Work to complete >>
Lines to return, exactly: from the line with "pos 3; backoff" to the line with "abbrev pub leave_machine : Machine" in the entries below, both included.

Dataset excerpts
*** Block opens ***
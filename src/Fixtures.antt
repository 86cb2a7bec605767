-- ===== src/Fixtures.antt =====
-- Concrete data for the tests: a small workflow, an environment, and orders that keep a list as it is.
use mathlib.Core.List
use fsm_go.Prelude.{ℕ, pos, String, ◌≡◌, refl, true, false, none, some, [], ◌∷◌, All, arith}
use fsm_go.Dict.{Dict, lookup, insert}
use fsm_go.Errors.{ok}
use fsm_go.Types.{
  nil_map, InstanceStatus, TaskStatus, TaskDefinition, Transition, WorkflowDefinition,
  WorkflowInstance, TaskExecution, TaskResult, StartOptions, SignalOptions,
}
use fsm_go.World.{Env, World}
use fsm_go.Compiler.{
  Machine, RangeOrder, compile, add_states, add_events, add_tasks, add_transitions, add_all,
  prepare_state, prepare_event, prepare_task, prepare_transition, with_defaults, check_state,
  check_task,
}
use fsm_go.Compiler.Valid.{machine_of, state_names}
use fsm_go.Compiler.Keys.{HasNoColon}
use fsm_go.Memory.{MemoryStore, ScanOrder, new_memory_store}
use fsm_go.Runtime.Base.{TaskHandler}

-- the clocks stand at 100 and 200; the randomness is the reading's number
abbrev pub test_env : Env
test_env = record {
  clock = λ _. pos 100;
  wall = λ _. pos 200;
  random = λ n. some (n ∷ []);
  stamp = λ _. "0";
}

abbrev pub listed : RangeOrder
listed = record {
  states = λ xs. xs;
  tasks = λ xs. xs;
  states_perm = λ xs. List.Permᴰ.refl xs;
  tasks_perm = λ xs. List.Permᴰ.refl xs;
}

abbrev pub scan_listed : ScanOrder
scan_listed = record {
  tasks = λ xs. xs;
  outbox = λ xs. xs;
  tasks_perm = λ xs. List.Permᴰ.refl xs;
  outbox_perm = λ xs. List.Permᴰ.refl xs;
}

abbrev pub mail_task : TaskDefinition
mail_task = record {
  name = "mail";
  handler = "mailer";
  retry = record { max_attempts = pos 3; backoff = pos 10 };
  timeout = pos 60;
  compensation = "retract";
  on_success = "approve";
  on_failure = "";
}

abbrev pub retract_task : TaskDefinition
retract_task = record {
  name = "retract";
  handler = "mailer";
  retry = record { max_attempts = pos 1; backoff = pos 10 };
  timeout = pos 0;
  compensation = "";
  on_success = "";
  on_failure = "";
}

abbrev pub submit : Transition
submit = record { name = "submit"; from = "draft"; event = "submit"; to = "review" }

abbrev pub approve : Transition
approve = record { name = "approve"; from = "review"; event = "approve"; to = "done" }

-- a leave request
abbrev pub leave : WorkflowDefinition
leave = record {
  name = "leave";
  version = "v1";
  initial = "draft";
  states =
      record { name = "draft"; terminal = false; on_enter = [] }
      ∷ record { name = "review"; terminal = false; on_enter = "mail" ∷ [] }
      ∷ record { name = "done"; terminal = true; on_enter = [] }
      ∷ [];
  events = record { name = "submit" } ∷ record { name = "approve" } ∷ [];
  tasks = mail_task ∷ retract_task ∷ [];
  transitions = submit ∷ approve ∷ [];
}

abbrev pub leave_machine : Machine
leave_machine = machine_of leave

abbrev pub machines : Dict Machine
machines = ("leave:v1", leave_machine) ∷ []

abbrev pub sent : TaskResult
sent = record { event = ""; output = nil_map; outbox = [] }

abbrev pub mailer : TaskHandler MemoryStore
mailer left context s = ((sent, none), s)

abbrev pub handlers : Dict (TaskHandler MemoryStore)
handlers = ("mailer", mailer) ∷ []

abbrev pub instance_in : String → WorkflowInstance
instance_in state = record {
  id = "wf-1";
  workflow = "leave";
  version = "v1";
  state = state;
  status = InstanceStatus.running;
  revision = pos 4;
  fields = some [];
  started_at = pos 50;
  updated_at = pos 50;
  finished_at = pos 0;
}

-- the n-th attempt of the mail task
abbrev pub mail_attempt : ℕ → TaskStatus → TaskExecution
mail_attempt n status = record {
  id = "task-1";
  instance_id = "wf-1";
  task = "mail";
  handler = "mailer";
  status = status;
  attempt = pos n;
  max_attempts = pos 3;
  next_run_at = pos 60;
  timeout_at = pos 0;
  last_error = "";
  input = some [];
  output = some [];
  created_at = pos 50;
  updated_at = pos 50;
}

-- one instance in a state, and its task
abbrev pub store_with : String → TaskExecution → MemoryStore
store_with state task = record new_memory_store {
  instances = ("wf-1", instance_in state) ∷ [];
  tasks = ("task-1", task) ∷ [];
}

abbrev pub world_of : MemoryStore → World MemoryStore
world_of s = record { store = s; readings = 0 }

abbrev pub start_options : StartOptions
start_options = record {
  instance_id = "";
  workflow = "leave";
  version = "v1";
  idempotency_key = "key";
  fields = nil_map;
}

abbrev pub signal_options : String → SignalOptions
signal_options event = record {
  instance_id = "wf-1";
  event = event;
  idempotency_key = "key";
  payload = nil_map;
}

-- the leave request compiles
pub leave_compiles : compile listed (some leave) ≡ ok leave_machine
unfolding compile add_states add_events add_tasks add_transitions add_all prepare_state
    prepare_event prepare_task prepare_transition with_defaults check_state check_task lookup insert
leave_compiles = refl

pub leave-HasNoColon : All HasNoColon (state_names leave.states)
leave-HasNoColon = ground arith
*** Block closes ***
*** Block opens ***
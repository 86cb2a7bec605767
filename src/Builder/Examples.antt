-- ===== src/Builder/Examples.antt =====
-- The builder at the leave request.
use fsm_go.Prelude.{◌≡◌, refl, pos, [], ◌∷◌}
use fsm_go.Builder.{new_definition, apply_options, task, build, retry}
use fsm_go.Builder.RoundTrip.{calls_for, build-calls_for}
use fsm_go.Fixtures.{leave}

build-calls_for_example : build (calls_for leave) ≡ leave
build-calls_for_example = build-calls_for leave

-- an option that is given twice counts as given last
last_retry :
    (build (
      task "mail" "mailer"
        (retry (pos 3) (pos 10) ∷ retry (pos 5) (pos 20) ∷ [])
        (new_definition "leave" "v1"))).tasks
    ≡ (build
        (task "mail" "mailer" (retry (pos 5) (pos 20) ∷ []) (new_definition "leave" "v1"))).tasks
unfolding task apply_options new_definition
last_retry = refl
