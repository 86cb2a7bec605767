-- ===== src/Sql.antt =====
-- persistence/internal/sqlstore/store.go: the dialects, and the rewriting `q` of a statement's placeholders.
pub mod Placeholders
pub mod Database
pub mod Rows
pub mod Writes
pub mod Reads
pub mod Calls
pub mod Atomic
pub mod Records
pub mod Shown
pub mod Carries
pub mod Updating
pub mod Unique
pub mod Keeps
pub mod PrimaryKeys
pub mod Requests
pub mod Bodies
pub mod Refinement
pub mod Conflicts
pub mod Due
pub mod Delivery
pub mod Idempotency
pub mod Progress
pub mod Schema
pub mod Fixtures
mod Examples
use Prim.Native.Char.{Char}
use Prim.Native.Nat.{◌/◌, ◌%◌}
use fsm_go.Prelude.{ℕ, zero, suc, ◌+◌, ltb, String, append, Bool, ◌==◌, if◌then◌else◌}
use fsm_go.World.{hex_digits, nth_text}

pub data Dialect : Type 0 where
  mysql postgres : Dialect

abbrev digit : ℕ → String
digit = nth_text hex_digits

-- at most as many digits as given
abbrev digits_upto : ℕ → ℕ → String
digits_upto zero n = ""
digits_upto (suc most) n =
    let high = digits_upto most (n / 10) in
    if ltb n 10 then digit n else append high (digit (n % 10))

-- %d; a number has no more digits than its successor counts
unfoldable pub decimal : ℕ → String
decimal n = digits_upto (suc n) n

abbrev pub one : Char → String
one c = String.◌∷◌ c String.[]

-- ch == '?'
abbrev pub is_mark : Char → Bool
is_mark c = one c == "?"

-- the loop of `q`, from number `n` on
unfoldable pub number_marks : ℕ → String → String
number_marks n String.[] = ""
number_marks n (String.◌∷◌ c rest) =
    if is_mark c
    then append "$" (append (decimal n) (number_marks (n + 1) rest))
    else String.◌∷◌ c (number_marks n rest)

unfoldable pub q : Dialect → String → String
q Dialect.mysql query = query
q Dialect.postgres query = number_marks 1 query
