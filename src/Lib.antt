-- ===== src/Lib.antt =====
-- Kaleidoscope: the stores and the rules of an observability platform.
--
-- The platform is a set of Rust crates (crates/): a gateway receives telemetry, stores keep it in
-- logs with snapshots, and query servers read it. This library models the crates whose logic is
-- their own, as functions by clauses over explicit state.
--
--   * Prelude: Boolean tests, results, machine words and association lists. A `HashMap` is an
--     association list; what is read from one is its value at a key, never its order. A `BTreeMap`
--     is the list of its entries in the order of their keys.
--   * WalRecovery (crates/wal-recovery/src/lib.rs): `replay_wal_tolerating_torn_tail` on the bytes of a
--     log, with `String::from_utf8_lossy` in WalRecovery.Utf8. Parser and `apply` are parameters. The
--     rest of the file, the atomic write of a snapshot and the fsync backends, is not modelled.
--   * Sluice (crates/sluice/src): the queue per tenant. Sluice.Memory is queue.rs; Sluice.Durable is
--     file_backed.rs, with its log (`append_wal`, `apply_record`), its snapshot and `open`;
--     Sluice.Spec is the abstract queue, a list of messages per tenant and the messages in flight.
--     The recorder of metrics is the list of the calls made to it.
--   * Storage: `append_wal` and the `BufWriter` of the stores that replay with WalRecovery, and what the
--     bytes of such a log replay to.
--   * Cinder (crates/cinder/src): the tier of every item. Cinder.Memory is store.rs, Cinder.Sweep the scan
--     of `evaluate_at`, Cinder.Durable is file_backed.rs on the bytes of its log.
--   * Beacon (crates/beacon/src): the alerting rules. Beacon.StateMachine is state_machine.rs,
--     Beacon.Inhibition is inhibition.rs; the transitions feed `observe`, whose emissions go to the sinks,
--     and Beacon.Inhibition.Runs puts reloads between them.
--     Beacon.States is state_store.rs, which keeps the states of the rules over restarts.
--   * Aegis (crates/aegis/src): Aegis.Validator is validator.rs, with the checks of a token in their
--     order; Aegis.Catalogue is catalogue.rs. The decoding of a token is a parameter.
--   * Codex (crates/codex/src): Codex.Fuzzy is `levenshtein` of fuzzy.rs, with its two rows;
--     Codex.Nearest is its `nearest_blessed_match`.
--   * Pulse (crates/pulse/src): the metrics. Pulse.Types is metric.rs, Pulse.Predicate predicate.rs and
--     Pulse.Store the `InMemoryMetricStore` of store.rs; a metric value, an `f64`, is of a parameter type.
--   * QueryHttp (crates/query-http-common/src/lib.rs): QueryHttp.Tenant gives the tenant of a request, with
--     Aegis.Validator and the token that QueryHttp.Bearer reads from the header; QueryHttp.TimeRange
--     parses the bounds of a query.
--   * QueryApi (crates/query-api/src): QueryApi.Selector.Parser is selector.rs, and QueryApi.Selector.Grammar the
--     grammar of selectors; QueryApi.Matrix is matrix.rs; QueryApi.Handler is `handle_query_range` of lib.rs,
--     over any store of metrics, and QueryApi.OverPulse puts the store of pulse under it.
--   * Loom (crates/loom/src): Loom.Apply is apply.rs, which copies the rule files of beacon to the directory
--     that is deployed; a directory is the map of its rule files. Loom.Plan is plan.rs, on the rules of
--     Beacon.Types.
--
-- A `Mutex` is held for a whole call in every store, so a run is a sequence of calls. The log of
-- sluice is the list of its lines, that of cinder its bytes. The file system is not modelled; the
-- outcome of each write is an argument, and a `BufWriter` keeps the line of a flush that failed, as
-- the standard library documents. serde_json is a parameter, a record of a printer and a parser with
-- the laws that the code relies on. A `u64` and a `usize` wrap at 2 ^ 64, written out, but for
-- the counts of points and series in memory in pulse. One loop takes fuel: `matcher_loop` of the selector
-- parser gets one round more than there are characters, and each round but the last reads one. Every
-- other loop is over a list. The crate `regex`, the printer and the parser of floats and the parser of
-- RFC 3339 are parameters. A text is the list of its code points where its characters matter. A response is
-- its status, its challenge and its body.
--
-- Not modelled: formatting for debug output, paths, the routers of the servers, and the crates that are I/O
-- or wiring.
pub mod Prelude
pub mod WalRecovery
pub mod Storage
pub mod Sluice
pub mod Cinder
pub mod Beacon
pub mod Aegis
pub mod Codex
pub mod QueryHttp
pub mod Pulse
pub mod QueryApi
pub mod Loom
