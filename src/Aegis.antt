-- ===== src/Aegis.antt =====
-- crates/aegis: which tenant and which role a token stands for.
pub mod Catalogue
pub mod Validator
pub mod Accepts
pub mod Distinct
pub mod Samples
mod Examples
*** Block closes ***
Result of this exercise >>
  retry = record { max_attempts = pos 3; backoff = pos 10 };
  timeout = pos 60;
  compensation = "retract";
  on_success = "approve";
  on_failure = "";
}

abbrev pub retract_task : TaskDefinition
retract_task = record {
  name = "retract";
  handler = "mailer";
  retry = record { max_attempts = pos 1; backoff = pos 10 };
  timeout = pos 0;
  compensation = "";
  on_success = "";
  on_failure = "";
}

abbrev pub submit : Transition
submit = record { name = "submit"; from = "draft"; event = "submit"; to = "review" }

abbrev pub approve : Transition
approve = record { name = "approve"; from = "review"; event = "approve"; to = "done" }

-- a leave request
abbrev pub leave : WorkflowDefinition
leave = record {
  name = "leave";
  version = "v1";
  initial = "draft";
  states =
      record { name = "draft"; terminal = false; on_enter = [] }
      ∷ record { name = "review"; terminal = false; on_enter = "mail" ∷ [] }
      ∷ record { name = "done"; terminal = true; on_enter = [] }
      ∷ [];
  events = record { name = "submit" } ∷ record { name = "approve" } ∷ [];
  tasks = mail_task ∷ retract_task ∷ [];
  transitions = submit ∷ approve ∷ [];
}

abbrev pub leave_machine : Machine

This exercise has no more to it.